++++ Material to process ++++

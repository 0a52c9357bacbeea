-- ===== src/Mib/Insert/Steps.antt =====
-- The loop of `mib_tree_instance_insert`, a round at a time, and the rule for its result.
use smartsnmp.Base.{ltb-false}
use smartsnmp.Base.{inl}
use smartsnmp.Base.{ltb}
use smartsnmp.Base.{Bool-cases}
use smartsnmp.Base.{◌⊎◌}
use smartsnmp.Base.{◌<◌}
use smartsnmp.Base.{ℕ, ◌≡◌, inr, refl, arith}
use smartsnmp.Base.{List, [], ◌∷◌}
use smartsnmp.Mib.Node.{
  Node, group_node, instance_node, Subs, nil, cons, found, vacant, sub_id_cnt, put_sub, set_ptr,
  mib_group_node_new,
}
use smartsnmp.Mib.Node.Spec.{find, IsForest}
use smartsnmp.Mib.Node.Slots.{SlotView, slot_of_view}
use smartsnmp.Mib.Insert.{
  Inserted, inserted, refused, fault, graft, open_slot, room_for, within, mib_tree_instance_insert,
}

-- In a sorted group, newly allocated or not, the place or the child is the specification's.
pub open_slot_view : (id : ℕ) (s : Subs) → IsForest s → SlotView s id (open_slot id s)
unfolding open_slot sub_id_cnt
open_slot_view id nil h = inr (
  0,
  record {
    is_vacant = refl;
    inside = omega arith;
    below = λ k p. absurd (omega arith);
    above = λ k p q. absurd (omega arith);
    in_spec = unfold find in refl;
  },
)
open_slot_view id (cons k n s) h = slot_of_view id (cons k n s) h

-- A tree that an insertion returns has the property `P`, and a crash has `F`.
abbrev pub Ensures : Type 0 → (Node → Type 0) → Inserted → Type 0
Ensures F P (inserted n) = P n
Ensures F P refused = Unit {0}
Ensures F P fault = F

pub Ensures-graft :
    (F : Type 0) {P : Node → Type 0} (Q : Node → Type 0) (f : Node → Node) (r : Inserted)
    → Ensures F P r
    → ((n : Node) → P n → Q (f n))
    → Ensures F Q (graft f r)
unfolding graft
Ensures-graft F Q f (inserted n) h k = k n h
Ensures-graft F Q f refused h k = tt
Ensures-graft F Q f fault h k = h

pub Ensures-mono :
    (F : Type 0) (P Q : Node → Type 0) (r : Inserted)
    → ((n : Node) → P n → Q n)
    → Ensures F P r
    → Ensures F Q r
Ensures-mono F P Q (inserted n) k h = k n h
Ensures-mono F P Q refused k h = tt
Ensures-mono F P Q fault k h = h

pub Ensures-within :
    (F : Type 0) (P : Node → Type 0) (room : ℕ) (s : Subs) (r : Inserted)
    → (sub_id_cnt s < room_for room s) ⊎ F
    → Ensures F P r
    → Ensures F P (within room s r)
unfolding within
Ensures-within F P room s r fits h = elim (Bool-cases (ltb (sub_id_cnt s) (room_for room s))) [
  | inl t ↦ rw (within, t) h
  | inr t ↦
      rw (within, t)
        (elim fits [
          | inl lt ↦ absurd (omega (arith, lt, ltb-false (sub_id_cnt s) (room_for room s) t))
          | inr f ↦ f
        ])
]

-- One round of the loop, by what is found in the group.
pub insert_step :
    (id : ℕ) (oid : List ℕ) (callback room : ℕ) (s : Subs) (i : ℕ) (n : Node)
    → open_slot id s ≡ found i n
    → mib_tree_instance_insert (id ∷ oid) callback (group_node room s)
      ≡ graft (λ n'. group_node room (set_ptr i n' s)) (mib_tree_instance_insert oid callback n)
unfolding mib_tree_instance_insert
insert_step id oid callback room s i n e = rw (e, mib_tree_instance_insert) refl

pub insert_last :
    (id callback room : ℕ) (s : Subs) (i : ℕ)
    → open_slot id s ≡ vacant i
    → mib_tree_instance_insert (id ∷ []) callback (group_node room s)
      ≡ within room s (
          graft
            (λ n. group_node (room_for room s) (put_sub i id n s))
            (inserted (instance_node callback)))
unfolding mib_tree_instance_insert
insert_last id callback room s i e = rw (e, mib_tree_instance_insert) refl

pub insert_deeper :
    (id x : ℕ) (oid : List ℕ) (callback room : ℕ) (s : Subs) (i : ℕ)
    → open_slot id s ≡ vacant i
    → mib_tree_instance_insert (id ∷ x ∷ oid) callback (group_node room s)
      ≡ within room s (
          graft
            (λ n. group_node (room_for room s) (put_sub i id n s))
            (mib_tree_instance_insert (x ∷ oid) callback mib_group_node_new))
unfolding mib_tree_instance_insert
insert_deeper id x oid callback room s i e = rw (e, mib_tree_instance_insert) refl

++++

▶ [Activity]:
Having read the entries, repeat them all exactly.

▶ [Exercise result]:
repository 0a52c9357bacbeea
-- ===== src/Mib/Insert/Steps.antt =====
-- The loop of `mib_tree_instance_insert`, a round at a time, and the rule for its result.
use smartsnmp.Base.{ltb-false}
use smartsnmp.Base.{inl}
use smartsnmp.Base.{ltb}
use smartsnmp.Base.{Bool-cases}
use smartsnmp.Base.{◌⊎◌}
use smartsnmp.Base.{◌<◌}
use smartsnmp.Base.{ℕ, ◌≡◌, inr, refl, arith}
use smartsnmp.Base.{List, [], ◌∷◌}
use smartsnmp.Mib.Node.{
  Node, group_node, instance_node, Subs, nil, cons, found, vacant, sub_id_cnt, put_sub, set_ptr,
  mib_group_node_new,
}
use smartsnmp.Mib.Node.Spec.{find, IsForest}
use smartsnmp.Mib.Node.Slots.{SlotView, slot_of_view}
use smartsnmp.Mib.Insert.{
  Inserted, inserted, refused, fault, graft, open_slot, room_for, within, mib_tree_instance_insert,
}

-- In a sorted group, newly allocated or not, the place or the child is the specification's.
pub open_slot_view : (id : ℕ) (s : Subs) → IsForest s → SlotView s id (open_slot id s)
unfolding open_slot sub_id_cnt
open_slot_view id nil h = inr (
  0,
  record {
    is_vacant = refl;
    inside = omega arith;
    below = λ k p. absurd (omega arith);
    above = λ k p q. absurd (omega arith);
    in_spec = unfold find in refl;
  },
)
open_slot_view id (cons k n s) h = slot_of_view id (cons k n s) h

-- A tree that an insertion returns has the property `P`, and a crash has `F`.
abbrev pub Ensures : Type 0 → (Node → Type 0) → Inserted → Type 0
Ensures F P (inserted n) = P n
Ensures F P refused = Unit {0}
Ensures F P fault = F

pub Ensures-graft :
    (F : Type 0) {P : Node → Type 0} (Q : Node → Type 0) (f : Node → Node) (r : Inserted)
    → Ensures F P r
    → ((n : Node) → P n → Q (f n))
    → Ensures F Q (graft f r)
unfolding graft
Ensures-graft F Q f (inserted n) h k = k n h
Ensures-graft F Q f refused h k = tt
Ensures-graft F Q f fault h k = h

pub Ensures-mono :
    (F : Type 0) (P Q : Node → Type 0) (r : Inserted)
    → ((n : Node) → P n → Q n)
    → Ensures F P r
    → Ensures F Q r
Ensures-mono F P Q (inserted n) k h = k n h
Ensures-mono F P Q refused k h = tt
Ensures-mono F P Q fault k h = h

pub Ensures-within :
    (F : Type 0) (P : Node → Type 0) (room : ℕ) (s : Subs) (r : Inserted)
    → (sub_id_cnt s < room_for room s) ⊎ F
    → Ensures F P r
    → Ensures F P (within room s r)
unfolding within
Ensures-within F P room s r fits h = elim (Bool-cases (ltb (sub_id_cnt s) (room_for room s))) [
  | inl t ↦ rw (within, t) h
  | inr t ↦
      rw (within, t)
        (elim fits [
          | inl lt ↦ absurd (omega (arith, lt, ltb-false (sub_id_cnt s) (room_for room s) t))
          | inr f ↦ f
        ])
]

-- One round of the loop, by what is found in the group.
pub insert_step :
    (id : ℕ) (oid : List ℕ) (callback room : ℕ) (s : Subs) (i : ℕ) (n : Node)
    → open_slot id s ≡ found i n
    → mib_tree_instance_insert (id ∷ oid) callback (group_node room s)
      ≡ graft (λ n'. group_node room (set_ptr i n' s)) (mib_tree_instance_insert oid callback n)
unfolding mib_tree_instance_insert
insert_step id oid callback room s i n e = rw (e, mib_tree_instance_insert) refl

pub insert_last :
    (id callback room : ℕ) (s : Subs) (i : ℕ)
    → open_slot id s ≡ vacant i
    → mib_tree_instance_insert (id ∷ []) callback (group_node room s)
      ≡ within room s (
          graft
            (λ n. group_node (room_for room s) (put_sub i id n s))
            (inserted (instance_node callback)))
unfolding mib_tree_instance_insert
insert_last id callback room s i e = rw (e, mib_tree_instance_insert) refl

pub insert_deeper :
    (id x : ℕ) (oid : List ℕ) (callback room : ℕ) (s : Subs) (i : ℕ)
    → open_slot id s ≡ vacant i
    → mib_tree_instance_insert (id ∷ x ∷ oid) callback (group_node room s)
      ≡ within room s (
          graft
            (λ n. group_node (room_for room s) (put_sub i id n s))
            (mib_tree_instance_insert (x ∷ oid) callback mib_group_node_new))
unfolding mib_tree_instance_insert
insert_deeper id x oid callback room s i e = rw (e, mib_tree_instance_insert) refl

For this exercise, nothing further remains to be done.